Data to process =>
↓
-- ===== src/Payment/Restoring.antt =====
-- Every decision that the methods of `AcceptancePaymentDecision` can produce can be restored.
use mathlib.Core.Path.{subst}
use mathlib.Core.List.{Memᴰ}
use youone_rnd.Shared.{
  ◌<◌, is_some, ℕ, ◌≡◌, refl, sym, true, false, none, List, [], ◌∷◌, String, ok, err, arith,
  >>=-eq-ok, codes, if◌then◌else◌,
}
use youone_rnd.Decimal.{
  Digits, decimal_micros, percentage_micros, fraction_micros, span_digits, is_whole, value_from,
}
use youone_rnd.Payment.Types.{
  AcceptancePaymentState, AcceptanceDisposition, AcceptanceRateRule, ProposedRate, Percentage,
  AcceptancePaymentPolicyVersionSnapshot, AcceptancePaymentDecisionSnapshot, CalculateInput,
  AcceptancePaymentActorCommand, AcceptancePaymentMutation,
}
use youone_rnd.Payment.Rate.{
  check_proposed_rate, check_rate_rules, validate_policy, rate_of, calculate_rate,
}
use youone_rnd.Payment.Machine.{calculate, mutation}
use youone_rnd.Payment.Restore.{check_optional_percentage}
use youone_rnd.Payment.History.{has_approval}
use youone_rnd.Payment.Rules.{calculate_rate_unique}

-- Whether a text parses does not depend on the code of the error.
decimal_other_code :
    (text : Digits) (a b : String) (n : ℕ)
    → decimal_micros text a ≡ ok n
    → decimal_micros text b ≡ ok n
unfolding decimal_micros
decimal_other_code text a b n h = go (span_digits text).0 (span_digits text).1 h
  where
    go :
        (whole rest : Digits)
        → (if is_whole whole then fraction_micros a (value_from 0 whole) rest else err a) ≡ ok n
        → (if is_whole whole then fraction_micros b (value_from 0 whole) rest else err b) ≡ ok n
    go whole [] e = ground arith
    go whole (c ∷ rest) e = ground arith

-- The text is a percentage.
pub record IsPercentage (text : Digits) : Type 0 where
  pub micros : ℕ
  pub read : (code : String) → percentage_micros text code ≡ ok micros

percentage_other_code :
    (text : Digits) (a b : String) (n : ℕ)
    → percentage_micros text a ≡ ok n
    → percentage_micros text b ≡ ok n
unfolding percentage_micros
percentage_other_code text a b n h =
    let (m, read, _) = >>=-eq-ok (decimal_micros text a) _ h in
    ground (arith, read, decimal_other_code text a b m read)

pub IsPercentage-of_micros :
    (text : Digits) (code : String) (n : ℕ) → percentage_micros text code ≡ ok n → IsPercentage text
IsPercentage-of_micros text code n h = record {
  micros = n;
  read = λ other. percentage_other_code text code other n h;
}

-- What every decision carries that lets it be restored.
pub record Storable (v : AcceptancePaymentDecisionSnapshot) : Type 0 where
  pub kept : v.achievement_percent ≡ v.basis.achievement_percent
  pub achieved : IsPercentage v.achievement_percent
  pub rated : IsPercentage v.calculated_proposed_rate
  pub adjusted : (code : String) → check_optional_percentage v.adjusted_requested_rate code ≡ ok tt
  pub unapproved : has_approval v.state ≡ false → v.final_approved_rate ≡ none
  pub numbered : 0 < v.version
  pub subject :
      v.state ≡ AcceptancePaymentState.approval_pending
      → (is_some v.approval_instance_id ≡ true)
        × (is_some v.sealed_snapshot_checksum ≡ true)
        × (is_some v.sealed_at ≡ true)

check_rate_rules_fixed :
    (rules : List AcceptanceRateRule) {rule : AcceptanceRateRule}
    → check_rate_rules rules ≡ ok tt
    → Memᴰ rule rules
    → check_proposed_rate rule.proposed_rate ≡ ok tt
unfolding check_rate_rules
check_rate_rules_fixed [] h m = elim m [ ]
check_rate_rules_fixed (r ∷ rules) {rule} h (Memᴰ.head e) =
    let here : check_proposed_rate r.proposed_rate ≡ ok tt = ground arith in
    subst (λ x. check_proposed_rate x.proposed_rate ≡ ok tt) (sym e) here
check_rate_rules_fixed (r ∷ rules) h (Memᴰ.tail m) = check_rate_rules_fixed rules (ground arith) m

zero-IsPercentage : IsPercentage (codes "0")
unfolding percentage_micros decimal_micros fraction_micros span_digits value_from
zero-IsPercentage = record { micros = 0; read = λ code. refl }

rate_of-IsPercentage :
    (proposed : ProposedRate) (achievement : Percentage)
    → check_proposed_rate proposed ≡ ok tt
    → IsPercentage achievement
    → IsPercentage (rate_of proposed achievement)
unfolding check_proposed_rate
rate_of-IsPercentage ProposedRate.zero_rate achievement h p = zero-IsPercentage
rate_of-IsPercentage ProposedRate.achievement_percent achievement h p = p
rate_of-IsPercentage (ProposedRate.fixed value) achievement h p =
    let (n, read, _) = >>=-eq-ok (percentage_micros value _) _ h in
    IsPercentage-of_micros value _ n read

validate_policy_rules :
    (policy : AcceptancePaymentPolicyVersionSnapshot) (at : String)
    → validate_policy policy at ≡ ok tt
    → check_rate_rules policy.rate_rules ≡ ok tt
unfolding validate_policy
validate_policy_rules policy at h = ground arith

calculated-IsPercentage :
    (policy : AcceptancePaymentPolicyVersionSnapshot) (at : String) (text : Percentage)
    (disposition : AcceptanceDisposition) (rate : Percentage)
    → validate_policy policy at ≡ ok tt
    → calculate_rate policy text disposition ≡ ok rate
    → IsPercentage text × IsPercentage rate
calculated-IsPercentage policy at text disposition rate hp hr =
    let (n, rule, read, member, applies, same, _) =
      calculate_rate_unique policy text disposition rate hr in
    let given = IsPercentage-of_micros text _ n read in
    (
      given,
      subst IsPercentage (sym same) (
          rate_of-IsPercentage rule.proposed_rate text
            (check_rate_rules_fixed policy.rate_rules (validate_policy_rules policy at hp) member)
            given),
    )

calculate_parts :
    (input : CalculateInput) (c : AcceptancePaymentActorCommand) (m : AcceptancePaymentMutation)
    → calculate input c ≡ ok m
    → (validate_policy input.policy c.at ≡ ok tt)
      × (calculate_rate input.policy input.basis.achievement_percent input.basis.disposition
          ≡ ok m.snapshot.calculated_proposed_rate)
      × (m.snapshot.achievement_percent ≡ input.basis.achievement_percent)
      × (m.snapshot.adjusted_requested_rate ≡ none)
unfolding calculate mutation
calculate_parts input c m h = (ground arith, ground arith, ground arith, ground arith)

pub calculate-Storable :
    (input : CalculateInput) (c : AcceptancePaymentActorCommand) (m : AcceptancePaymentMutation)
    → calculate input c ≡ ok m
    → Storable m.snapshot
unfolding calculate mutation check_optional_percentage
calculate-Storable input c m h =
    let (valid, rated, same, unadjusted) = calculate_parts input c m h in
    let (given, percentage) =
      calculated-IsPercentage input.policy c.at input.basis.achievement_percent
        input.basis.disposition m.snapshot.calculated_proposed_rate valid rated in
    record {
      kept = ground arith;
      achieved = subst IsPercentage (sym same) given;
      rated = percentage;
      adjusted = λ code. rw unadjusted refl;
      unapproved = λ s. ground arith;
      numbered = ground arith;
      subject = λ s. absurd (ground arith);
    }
↑
Task to carry out =>
Scan the listing above for the line that has "pub micros : ℕ", then copy exactly from that line through the line that has "v.approval_instance_id ≡ true)".

Answer to the exercise =>
  pub micros : ℕ
  pub read : (code : String) → percentage_micros text code ≡ ok micros

percentage_other_code :
    (text : Digits) (a b : String) (n : ℕ)
    → percentage_micros text a ≡ ok n
    → percentage_micros text b ≡ ok n
unfolding percentage_micros
percentage_other_code text a b n h =
    let (m, read, _) = >>=-eq-ok (decimal_micros text a) _ h in
    ground (arith, read, decimal_other_code text a b m read)

pub IsPercentage-of_micros :
    (text : Digits) (code : String) (n : ℕ) → percentage_micros text code ≡ ok n → IsPercentage text
IsPercentage-of_micros text code n h = record {
  micros = n;
  read = λ other. percentage_other_code text code other n h;
}

-- What every decision carries that lets it be restored.
pub record Storable (v : AcceptancePaymentDecisionSnapshot) : Type 0 where
  pub kept : v.achievement_percent ≡ v.basis.achievement_percent
  pub achieved : IsPercentage v.achievement_percent
  pub rated : IsPercentage v.calculated_proposed_rate
  pub adjusted : (code : String) → check_optional_percentage v.adjusted_requested_rate code ≡ ok tt
  pub unapproved : has_approval v.state ≡ false → v.final_approved_rate ≡ none
  pub numbered : 0 < v.version
  pub subject :
      v.state ≡ AcceptancePaymentState.approval_pending
      → (is_some v.approval_instance_id ≡ true)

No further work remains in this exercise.